- [Supplied information]
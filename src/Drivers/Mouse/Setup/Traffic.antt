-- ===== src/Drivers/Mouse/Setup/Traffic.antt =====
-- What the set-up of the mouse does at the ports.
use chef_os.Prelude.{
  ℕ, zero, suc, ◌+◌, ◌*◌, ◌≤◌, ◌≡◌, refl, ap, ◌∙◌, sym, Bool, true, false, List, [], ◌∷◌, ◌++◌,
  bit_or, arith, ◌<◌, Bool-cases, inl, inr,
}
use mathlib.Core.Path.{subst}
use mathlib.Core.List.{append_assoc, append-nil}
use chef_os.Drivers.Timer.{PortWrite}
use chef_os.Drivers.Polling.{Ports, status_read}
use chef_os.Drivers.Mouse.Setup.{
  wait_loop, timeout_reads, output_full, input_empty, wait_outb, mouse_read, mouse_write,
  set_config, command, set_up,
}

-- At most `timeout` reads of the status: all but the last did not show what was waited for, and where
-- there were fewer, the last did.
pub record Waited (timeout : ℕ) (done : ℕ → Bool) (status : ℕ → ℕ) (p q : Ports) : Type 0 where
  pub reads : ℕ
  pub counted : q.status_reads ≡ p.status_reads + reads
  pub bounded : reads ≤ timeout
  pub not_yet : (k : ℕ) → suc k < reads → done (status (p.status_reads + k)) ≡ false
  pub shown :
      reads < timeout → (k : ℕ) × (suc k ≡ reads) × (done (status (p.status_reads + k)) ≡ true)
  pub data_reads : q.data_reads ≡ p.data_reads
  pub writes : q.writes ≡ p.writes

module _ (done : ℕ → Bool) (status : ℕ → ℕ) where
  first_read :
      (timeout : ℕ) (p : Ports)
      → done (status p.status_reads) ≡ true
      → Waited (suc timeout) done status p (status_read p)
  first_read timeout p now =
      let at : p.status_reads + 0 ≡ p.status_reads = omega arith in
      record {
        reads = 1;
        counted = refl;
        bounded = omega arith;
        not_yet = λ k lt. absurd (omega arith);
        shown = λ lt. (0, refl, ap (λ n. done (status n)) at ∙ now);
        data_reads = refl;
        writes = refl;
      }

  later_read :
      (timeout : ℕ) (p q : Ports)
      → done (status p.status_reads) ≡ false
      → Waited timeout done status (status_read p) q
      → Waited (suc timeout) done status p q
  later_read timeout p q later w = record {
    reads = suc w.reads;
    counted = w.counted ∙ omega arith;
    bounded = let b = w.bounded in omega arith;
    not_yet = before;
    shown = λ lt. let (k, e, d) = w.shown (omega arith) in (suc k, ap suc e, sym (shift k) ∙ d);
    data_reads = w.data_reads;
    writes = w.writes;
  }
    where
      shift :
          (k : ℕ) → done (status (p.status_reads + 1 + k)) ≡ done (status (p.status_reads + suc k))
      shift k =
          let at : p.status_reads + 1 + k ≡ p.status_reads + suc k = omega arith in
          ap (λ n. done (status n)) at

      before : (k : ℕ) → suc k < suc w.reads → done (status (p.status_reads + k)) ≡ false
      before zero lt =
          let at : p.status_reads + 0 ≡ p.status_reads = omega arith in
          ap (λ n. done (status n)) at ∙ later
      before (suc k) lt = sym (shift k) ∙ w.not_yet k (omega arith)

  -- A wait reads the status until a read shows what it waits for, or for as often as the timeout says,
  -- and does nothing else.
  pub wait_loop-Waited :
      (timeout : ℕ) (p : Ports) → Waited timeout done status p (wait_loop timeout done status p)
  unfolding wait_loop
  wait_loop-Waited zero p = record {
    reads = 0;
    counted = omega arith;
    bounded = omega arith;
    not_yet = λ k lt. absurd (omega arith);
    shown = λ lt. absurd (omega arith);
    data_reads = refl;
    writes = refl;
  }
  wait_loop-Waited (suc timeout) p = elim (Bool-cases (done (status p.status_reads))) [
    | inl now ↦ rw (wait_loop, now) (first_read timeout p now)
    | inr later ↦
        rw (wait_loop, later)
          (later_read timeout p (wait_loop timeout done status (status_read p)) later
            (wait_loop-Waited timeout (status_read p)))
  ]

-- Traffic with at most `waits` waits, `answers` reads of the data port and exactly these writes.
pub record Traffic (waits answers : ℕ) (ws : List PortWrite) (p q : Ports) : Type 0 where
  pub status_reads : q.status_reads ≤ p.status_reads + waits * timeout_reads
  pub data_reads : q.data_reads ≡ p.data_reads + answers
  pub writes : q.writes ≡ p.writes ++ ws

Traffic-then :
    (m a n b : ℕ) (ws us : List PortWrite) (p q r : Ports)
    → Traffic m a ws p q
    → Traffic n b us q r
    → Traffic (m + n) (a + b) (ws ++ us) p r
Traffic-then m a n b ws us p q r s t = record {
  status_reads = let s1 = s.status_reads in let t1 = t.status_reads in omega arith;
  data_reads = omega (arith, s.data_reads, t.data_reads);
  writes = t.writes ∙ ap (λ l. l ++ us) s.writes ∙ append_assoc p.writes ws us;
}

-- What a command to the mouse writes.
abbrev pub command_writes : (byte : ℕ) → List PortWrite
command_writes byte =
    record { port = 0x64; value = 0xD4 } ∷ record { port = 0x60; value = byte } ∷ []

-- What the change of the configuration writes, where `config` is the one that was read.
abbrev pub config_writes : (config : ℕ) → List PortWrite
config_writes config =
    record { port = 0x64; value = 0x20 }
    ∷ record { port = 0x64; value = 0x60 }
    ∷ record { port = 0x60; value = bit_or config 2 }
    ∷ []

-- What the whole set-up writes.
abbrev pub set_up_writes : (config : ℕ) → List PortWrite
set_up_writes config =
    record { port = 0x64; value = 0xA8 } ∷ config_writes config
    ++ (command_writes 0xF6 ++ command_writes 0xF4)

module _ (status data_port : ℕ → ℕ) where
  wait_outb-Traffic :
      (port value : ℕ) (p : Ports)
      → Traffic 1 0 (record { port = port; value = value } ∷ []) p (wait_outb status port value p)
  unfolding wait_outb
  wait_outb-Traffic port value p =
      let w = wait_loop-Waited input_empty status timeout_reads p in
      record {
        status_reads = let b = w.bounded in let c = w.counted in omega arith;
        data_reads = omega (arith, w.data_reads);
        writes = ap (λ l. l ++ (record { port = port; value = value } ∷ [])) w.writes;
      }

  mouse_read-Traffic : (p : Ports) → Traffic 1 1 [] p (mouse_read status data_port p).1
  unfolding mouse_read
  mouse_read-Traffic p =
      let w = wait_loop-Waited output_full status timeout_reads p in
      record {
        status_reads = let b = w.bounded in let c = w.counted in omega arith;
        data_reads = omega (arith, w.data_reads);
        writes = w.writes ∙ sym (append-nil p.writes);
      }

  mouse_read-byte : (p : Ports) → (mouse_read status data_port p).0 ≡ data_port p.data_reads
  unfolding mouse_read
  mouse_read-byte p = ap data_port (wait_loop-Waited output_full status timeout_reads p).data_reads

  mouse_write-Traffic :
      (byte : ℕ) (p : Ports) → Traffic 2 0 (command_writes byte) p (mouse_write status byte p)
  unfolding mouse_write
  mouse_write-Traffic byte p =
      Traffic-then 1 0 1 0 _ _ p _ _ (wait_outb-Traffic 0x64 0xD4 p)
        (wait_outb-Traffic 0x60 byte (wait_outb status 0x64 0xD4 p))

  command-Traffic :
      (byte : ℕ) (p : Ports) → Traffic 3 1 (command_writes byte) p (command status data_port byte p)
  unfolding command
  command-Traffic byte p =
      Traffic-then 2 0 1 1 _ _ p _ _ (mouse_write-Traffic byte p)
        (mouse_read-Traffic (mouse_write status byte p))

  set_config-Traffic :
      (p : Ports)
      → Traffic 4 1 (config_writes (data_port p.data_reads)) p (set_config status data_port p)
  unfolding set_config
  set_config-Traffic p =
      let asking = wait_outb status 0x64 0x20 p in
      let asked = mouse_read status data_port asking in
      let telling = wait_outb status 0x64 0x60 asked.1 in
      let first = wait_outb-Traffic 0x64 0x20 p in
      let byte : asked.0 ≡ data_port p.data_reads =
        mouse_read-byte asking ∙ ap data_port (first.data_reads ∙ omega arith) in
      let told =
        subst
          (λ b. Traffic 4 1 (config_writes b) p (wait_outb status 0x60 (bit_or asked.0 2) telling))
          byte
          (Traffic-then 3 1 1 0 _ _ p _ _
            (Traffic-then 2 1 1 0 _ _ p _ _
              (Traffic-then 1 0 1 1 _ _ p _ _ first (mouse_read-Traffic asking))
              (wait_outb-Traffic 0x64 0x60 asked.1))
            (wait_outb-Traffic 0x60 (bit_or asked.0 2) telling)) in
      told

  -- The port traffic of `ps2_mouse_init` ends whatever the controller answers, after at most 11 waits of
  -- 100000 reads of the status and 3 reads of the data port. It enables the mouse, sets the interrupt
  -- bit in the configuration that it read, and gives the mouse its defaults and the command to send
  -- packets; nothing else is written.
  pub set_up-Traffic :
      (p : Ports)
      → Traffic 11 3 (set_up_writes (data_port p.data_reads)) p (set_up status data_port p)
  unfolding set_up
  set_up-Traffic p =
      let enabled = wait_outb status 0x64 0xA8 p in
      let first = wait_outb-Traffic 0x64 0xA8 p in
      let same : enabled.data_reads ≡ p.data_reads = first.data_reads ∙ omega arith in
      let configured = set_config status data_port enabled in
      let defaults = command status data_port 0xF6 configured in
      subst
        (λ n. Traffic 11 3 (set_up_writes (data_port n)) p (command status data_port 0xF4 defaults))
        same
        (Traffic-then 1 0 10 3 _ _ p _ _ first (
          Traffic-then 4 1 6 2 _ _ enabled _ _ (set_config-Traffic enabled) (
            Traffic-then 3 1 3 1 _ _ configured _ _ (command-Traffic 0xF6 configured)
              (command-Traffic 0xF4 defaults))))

- [About this task]
What is needed is the number of lines in the data that hold the word "false", with nothing added.

- [Response]
4